_Problem requirements_:
Return copies of the lines below that mention "later".

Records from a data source
******************************

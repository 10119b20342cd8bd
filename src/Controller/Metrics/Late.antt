-- ===== src/Controller/Metrics/Late.antt =====
-- What creditSecond and flushClosed of internal/controller/metrics.go do with a second that is before
-- all of the history and has no open bucket.
use mathlib.Core.List.{append_assoc}
use home_bench.Base.{
  All-contains, ℕ, ◌≤◌, ◌<◌, ◌≡◌, refl, ap, ◌∙◌, inl, inr, true, false, not, List, [], ◌∷◌, ◌++◌,
  none, arith, ◌==◌, nat_eq, All, select, lookup, insert, contains, ltb, eq_iff, Float64,
}
use home_bench.Protocol.Sample.{AggregatedSample}
use home_bench.Controller.Metrics.{
  Slice, MetricsStore, older, search_back, open_bucket, new_bucket, point_of, flush_closed,
  credit_second, sort_due,
}
use home_bench.Controller.Metrics.Invariant.{secs, search_back_passed, credit_open}
use home_bench.Controller.Metrics.Timeline.{secs-append}

module _ {A : Type 0} where
  lookup_absent :
      (now k : ℕ) (m : List (ℕ × A)) → All (λ e. now ≤ e.0) m → k < now → lookup k m ≡ none
  unfolding lookup
  lookup_absent now k [] a h = refl
  lookup_absent now k (e ∷ m) a h =
      let rest = lookup_absent now k m a.1 h in ground (arith, rest, a.0, h, eq_iff e.0 k)

  -- An early entry is the only one that is due.
  select_early :
      (now k : ℕ) (v : A) (m : List (ℕ × A))
      → All (λ e. now ≤ e.0) m
      → k < now
      → (select (λ e. ltb e.0 now) (insert k v m) ≡ (k, v) ∷ [])
        × (select (λ e. not (ltb e.0 now)) (insert k v m) ≡ m)
  unfolding insert
  select_early now k v [] a h = (ground arith, ground arith)
  select_early now k v (e ∷ m) a h =
      let other : (e.0 == k) ≡ false = ground (arith, a.0, h, eq_iff e.0 k) in
      let later : ltb e.0 now ≡ false = ground (arith, a.0) in
      let (due, kept) = select_early now k v m a.1 h in
      rw (other, later) (due, ap (λ l. e ∷ l) kept)

module _ {F : Type 0} ⦃f : Float64 F⦄ where
  -- A flush closes the early bucket alone.
  flush_early :
      (now sec : ℕ) (s : Slice F) (m : MetricsStore F)
      → All (λ e. now ≤ e.0) m.buckets
      → sec < now
      → flush_closed now (open_bucket sec s m)
        ≡ record m { history = m.history ++ (point_of (new_bucket sec s) ∷ []) }
  unfolding flush_closed open_bucket sort_due
  flush_early now sec s m a h =
      let (due, kept) = select_early now sec (new_bucket sec s) m.buckets a h in rw (due, kept) refl

  -- The scan for a second ends at a last point that is before it.
  search_back_older :
      (sec : ℕ) (s : Slice F) (ps : List (AggregatedSample F)) (p : AggregatedSample F)
      → p.timestamp < sec
      → search_back sec s (ps ++ (p ∷ [])) ≡ older
  unfolding search_back
  search_back_older sec s [] p h = ground arith
  search_back_older sec s (q ∷ ps) p h = rw (search_back_older sec s ps p h) refl

  -- With no bucket due at `now`: a second before all of the history goes to the end of the history,
  -- out of the order of time, and a second of the history that is credited next goes to the end too,
  -- so that it stands in the history twice.
  pub credit_late_lem :
      (sec t now : ℕ) (s s' : Slice F) (m : MetricsStore F)
      → All (λ e. now ≤ e.0) m.buckets
      → All (λ u. sec < u) (secs m.history)
      → contains t (secs m.history) ≡ true
      → t < now
      → secs
          (flush_closed now (credit_second t s' (flush_closed now (credit_second sec s m)))).history
        ≡ secs m.history ++ (sec ∷ t ∷ [])
  unfolding point_of new_bucket
  credit_late_lem sec t now s s' m b a c h =
      let before : sec < t = All-contains (λ u. sec < u) t (secs m.history) a c in
      let after : sec < now = omega (arith, before, h) in
      let p : AggregatedSample F = point_of (new_bucket sec s) in
      let n : MetricsStore F = record m { history = m.history ++ (p ∷ []) } in
      let first =
        ap (flush_closed now) (
          credit_open sec s m (lookup_absent now sec m.buckets b after)
            (inr (search_back_passed sec s m.history a)))
        ∙ flush_early now sec s m b after in
      let next =
        ap (flush_closed now) (
          credit_open t s' n (lookup_absent now t m.buckets b h)
            (inl (search_back_older t s' m.history p before)))
        ∙ flush_early now t s' n b h in
      ap (λ k. secs (flush_closed now (credit_second t s' k)).history) first
      ∙ ap (λ k. secs k.history) next
      ∙ secs-append (m.history ++ (p ∷ [])) (point_of (new_bucket t s') ∷ [])
      ∙ ap (λ ts. ts ++ (t ∷ [])) (secs-append m.history (p ∷ []))
      ∙ append_assoc (secs m.history) (sec ∷ []) (t ∷ [])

******************************

_Response_:
      let later : ltb e.0 now ≡ false = ground (arith, a.0) in
      rw (other, later) (due, ap (λ l. e ∷ l) kept)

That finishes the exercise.